Lady Patten never knew her grandfather – he died before she was born – but she says that the family secrets were passed down to her by her grandmother, in whom he had confided. So why has she chosen to reveal them now?

The shortest, most cynical answer is that they form the basis of her new romance novel, which is to be published next week. As for whether there is any weight to her claims, Titanic experts and enthusiasts are largely sceptical.

Kent Layton, a maritime historian, says confusion about the two steering systems was unlikely. “This was not something new in 1912, nor was it non-standard. Everyone would have known exactly how to operate the wheel in order to turn the ship in a certain way.”

Layton says that when First Officer Murdoch called for hard a’starboard he meant that he wanted to turn the bow of the ship to port. “This is exactly what was accomplished by Hichens, and the damage was done to the starboard [or right] side in consequence.”

He concedes that Lightoller may not have been entirely honest at the investigations. “It is not a secret that Lightoller stretched the truth or lied at the inquiries. This has been known for many years. He was considered a good company man, and had no wish to give any evidence that might even give the appearance of mistakes on the part of his employers.”

Nonetheless, Layton urges caution. “It is very dangerous to rely on evidence – second-hand, at that – from one individual when memories can be clouded by years of mental replaying of those events.”

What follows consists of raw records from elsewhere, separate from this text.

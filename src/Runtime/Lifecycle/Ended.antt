-- ===== src/Runtime/Lifecycle/Ended.antt =====
-- What the marks of types/lifecycle.rs do to a lifecycle that has ended, and what they leave alone.
use littleorgans.Base.{◌≡◌, refl, true, false, arith}
use littleorgans.Runtime.Lifecycle.{
  Lifecycle, LifecycleState, RuntimeExit, LostEvidence, ShimReady, is_ended, is_forking,
  mark_exited, mark_lost, mark_running, exited_from, lost_from,
}

ended_from :
    (x : LifecycleState) (exit : RuntimeExit) → is_ended x ≡ true → (exited_from x exit).1 ≡ false
unfolding exited_from
ended_from LifecycleState.forking exit h = cc
ended_from LifecycleState.running exit h = cc
ended_from (LifecycleState.exited _) exit h = refl
ended_from (LifecycleState.lost _) exit h = refl

pub ended-mark_exited :
    (l : Lifecycle) (exit : RuntimeExit) → is_ended l.state ≡ true → (mark_exited l exit).1 ≡ false
unfolding mark_exited
ended-mark_exited l exit h = ended_from l.state exit h

ended_lost :
    (x : LifecycleState) (evidence : LostEvidence)
    → is_ended x ≡ true
    → (lost_from x evidence).1 ≡ false
unfolding lost_from
ended_lost LifecycleState.forking evidence h = cc
ended_lost LifecycleState.running evidence h = cc
ended_lost (LifecycleState.exited _) evidence h = refl
ended_lost (LifecycleState.lost _) evidence h = refl

pub ended-mark_lost :
    (l : Lifecycle) (evidence : LostEvidence)
    → is_ended l.state ≡ true
    → (mark_lost l evidence).1 ≡ false
unfolding mark_lost
ended-mark_lost l evidence h = ended_lost l.state evidence h

pub ended-is_forking : (x : LifecycleState) → is_ended x ≡ true → is_forking x ≡ false
ended-is_forking LifecycleState.forking h = cc
ended-is_forking LifecycleState.running h = refl
ended-is_forking (LifecycleState.exited _) h = refl
ended-is_forking (LifecycleState.lost _) h = refl

pub ended-mark_running :
    (l : Lifecycle) (ready : ShimReady) → is_ended l.state ≡ true → (mark_running l ready).1 ≡ false
unfolding mark_running
ended-mark_running l ready h = rw (ended-is_forking l.state h) refl

pub mark_exited-id :
    (l : Lifecycle) (exit : RuntimeExit) → (mark_exited l exit).0.session_id ≡ l.session_id
unfolding mark_exited
mark_exited-id l exit = refl

pub mark_lost-id :
    (l : Lifecycle) (evidence : LostEvidence) → (mark_lost l evidence).0.session_id ≡ l.session_id
unfolding mark_lost
mark_lost-id l evidence = refl

pub mark_running-id :
    (l : Lifecycle) (ready : ShimReady) → (mark_running l ready).0.session_id ≡ l.session_id
unfolding mark_running
mark_running-id l ready = ground arith
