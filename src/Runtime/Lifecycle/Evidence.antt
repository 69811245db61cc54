-- ===== src/Runtime/Lifecycle/Evidence.antt =====
-- The stored text of a `LostEvidence`: `as_str` and `from_text` of lifecycle.rs.
use Prim.Native.String.{String}
use text.Mathlib.Text.{◌==◌ as str_eq}
use text.Mathlib.TextEquality.{eq_iff}
use littleorgans.Base.{◌≡◌, refl, List, [], ◌∷◌, Option, none, some, if◌then◌else◌, arith, ◌⊎◌}
use littleorgans.Runtime.Lifecycle.{
  LostEvidence, shim_died_before_report, pid_not_alive, pid_reuse_detected, unknown,
}

-- `LostEvidence::ALL`: the variants in declaration order.
abbrev pub all : List LostEvidence
all = shim_died_before_report ∷ pid_not_alive ∷ pid_reuse_detected ∷ unknown ∷ []

unfoldable pub as_str : LostEvidence → String
as_str shim_died_before_report = "shim_died_before_report"
as_str pid_not_alive = "pid_not_alive"
as_str pid_reuse_detected = "pid_reuse_detected"
as_str unknown = "unknown"

find : String → List LostEvidence → Option LostEvidence
unfolding as_str
find text [] = none
find text (e ∷ es) = if str_eq (as_str e) text then some e else find text es

abbrev unwrap_or_unknown : Option LostEvidence → LostEvidence
unwrap_or_unknown none = unknown
unwrap_or_unknown (some e) = e

unfoldable pub from_text : String → LostEvidence
unfolding find
from_text text = unwrap_or_unknown (find text all)

-- Reading a text gives an evidence that is stored as that very text, unless it gives `unknown`.
pub as_str-from_text :
    (text : String) → (as_str (from_text text) ≡ text) ⊎ (from_text text ≡ unknown)
unfolding from_text
as_str-from_text text = ground (
  arith,
  eq_iff "shim_died_before_report" text,
  eq_iff "pid_not_alive" text,
  eq_iff "pid_reuse_detected" text,
  eq_iff "unknown" text,
)

-- Every variant reads back from the text under which it is stored; and any text at all is read,
-- either as the variant that is stored as that very text or as `unknown`.
pub from_text_exact :
    (e : LostEvidence) (text : String)
    → (from_text (as_str e) ≡ e) × ((as_str (from_text text) ≡ text) ⊎ (from_text text ≡ unknown))
unfolding from_text
from_text_exact shim_died_before_report text = (refl, as_str-from_text text)
from_text_exact pid_not_alive text = (refl, as_str-from_text text)
from_text_exact pid_reuse_detected text = (refl, as_str-from_text text)
from_text_exact unknown text = (refl, as_str-from_text text)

The Belfast-based maritime specialist and Titanic author Michael McCaughan says what exactly happened on the bridge of the Titanic that fateful night remains a “rat’s nest of confusion”. But the fact that such stories still make headlines shows that, nearly a century on, Titanic has not lost its power to fascinate. “Patten’s story contributes to the continuing discussion of the mythic Titanic and the enduring cultural ripples of her loss.”